By the mid-‘90s, as dance music was coalescing and finding a mainstream audience, Bentley was recruited by commercial alternative radio station KROQ for a weekend dance mix program called Afterhours, which he produced for 14 years. He was part of the founding group behind urban culture publication, Urb, joining as the magazine's first managing editor in 1991, in turn exposing him to the underground rave scene in Los Angeles, which was taking off. As a music journalist he covered the scene, mixed, and promoted the music on radio and DJed many underground events as dance culture in the U.S. took shape. He was a featured DJ at the earliest iterations of the Electric Daisy Carnival, Organic ’96 , GIANT events, Nocturnal Wonderland, Circa, Narnia, the first HARD Festival, CRSSD, and the first two Coachella festivals, among others.

Bentley founded Quango Music Group in 1995 with partners Bruno Guez and George Ghiz. As an extension of Quango being a lifestyle brand, Bentley and his label partners began a club series, Bossanova, staging popular club nights in Los Angeles. Bossanova hosted a range of guest artists during its run including Daft Punk, Massive Attack, James Lavelle, The Orb, Gilles Peterson, Thievery Corporation, and many others. Bentley departed Quango amicably in 1998 when he was recruited by Maverick Records to be in a high profile A&R role.

At Maverick, Bentley worked on Madonna's campaigns, as well as with label artists The Prodigy, Paul Oakenfold, Meshell Ndegeocello, and was nominated for a Grammy award as producer/music supervisor for the soundtrack for The Matrix. He was the music supervisor for the next two Matrix films, The Matrix Reloaded and The Matrix Revolutions. He continued working as a music supervisor in television, video games, and for Disney’s Tron: Legacy (2010) with a score by Daft Punk, as well as consulting on the 2013 film Oblivion with music by M83, and Top Gun Maverick in 2022.

Bentley joined The Recording Academy serving on the Board of Governors, various awards committees, and the Grammy telecast committee for several years. He helped to author the first proposal to adopt an album category for dance music, a genre which had previously only been a "singles" category. He advocated for more inclusion for artists from dance music on the annual telecast.

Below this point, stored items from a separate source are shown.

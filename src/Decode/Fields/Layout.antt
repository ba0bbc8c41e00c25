-- ===== src/Decode/Fields/Layout.antt =====
-- The words of a record, written back from the fields that rust/src/decode.rs reads.
use mie_decoder.Common.{
  ℕ, ◌+◌, ◌*◌, ◌/◌, ◌%◌, ◌^◌, ◌≤◌, ◌<◌, ◌≡◌, Bool, true, false, arith, ◌==◌, if◌then◌else◌,
}
use mie_decoder.Models.{Bus, Direction}
use mie_decoder.Models.Bus.{bus_a, bus_b}
use mie_decoder.Models.Timestamp.{IrigTimestamp}
use mie_decoder.Decode.Fields.{decode_type_word, decode_irig_timestamp, decode_command_word}

pub bit : Bool → ℕ
bit true = 1
bit false = 0

bus_bit : Bus → ℕ
bus_bit bus_a = 0
bus_bit bus_b = 1

direction_bit : Direction → ℕ
direction_bit Direction.receive = 0
direction_bit Direction.transmit = 1

-- A Type Word with its reserved top bit.
pub type_word_of : ℕ → Bus → ℕ → Bool → Bool → ℕ
unfolding bit bus_bit
type_word_of code b count error reserved =
    code + bus_bit b * 2 ^ 7 + count * 2 ^ 8 + bit error * 2 ^ 14 + bit reserved * 2 ^ 15

-- Each Type Word decodes to the fields that it was put together from, whatever its reserved bit.
pub decode_type_word-type_word_of :
    (code count : ℕ) (b : Bus) (error reserved : Bool)
    → code < 2 ^ 7
    → count < 2 ^ 6
    → decode_type_word (type_word_of code b count error reserved) ≡ record {
      message_type = code;
      bus = b;
      word_count = count;
      error = error;
      raw = type_word_of code b count error reserved;
    }
unfolding decode_type_word type_word_of
decode_type_word-type_word_of code count b error reserved c d = ground arith

-- A Command Word; a count of 32 is written as 0.
pub command_word_of : ℕ → Direction → ℕ → ℕ → ℕ
unfolding direction_bit
command_word_of rt dir sa count =
    rt * 2 ^ 11 + direction_bit dir * 2 ^ 10 + sa * 2 ^ 5 + (if count == 32 then 0 else count)

-- Each Command Word with 1 to 32 data words decodes to the fields that it was put together from.
pub decode_command_word-command_word_of :
    (rt sa count : ℕ) (dir : Direction)
    → rt < 32
    → sa < 32
    → 1 ≤ count
    → count ≤ 32
    → decode_command_word (command_word_of rt dir sa count) ≡ record {
      rt = rt;
      direction = dir;
      subaddress = sa;
      data_word_count = count;
      raw = command_word_of rt dir sa count;
    }
unfolding decode_command_word command_word_of
decode_command_word-command_word_of rt sa count dir a b c d = ground arith

-- The three words of an IRIG timestamp.
pub irig_upper : ℕ → ℕ → Bool → ℕ
unfolding bit
irig_upper day hour freerun = hour + day * 2 ^ 5 + bit freerun * 2 ^ 15

pub irig_middle : ℕ → ℕ → ℕ → ℕ
irig_middle minute second us_hi = us_hi + second * 2 ^ 4 + minute * 2 ^ 10

-- Every IRIG timestamp of the wire's field widths is read back from its three words.
pub decode_irig_timestamp_words :
    (t : IrigTimestamp)
    → t.day < 2 ^ 9
    → t.hour < 2 ^ 5
    → t.minute < 2 ^ 6
    → t.second < 2 ^ 6
    → t.microsecond < 2 ^ 20
    → (bit14 : Bool)
    → decode_irig_timestamp
        (irig_upper t.day t.hour t.freerun + bit bit14 * 2 ^ 14)
        (irig_middle t.minute t.second (t.microsecond / 2 ^ 16))
        (t.microsecond % 2 ^ 16)
      ≡ t
unfolding decode_irig_timestamp irig_upper irig_middle
decode_irig_timestamp_words t a b c d e bit14 = ground arith

-- Whatever the words are, the decoded fields keep the widths of the wire.
pub decode_irig_timestamp_widths :
    (upper middle lower : ℕ)
    → lower < 2 ^ 16
    → let t = decode_irig_timestamp upper middle lower in
      (t.day < 512) × (t.hour < 32) × (t.minute < 64) × (t.second < 64) × (t.microsecond < 2 ^ 20)
unfolding decode_irig_timestamp
decode_irig_timestamp_widths upper middle lower h = omega arith

pub command_word_widths :
    (raw : ℕ)
    → let cmd = decode_command_word raw in
      (cmd.rt < 32) × (cmd.subaddress < 32) × (1 ≤ cmd.data_word_count) × (cmd.data_word_count ≤ 32)
unfolding decode_command_word
command_word_widths raw = ground arith

pub type_word_widths :
    (raw : ℕ)
    → ((decode_type_word raw).message_type < 128) × ((decode_type_word raw).word_count ≤ 63)
unfolding decode_type_word
type_word_widths raw = omega arith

In 2008 he was the DJ at the 80th Governors Ball Oscars after party, making history by being the first DJ to do so. He performed there again in 2009. Bentley was the music director of NPR affiliate KCRW in Santa Monica for about a decade (2009–2019), hosting their daily music variety show Morning Becomes Eclectic during that time. Embracing a broader palette of music in his position there, he contributed to the advancement of the careers of countless indie rock and alternative artists through regular airplay, live performance sessions, and event programming with local arts and culture institutions including the Hollywood Bowl, The Hammer Museum, and the Annenberg Foundation. He continues to support dance culture through fundraising events for public radio like the station's annual Halloween Masquerade Ball and Chinatown Summer Nights. On Morning Becomes Eclectic, he presented performance sessions and interviews with today's biggest artists including Adele, John Legend, Elton John, Jack White, Hans Zimmer, Vampire Weekend, and Beck among many others. From 2014 to 2019 Bentley hosted the YouTube / AXS TV exclusive livestream coverage of the Coachella festival. He hosts and produces Metropolis every Saturday night on KCRW.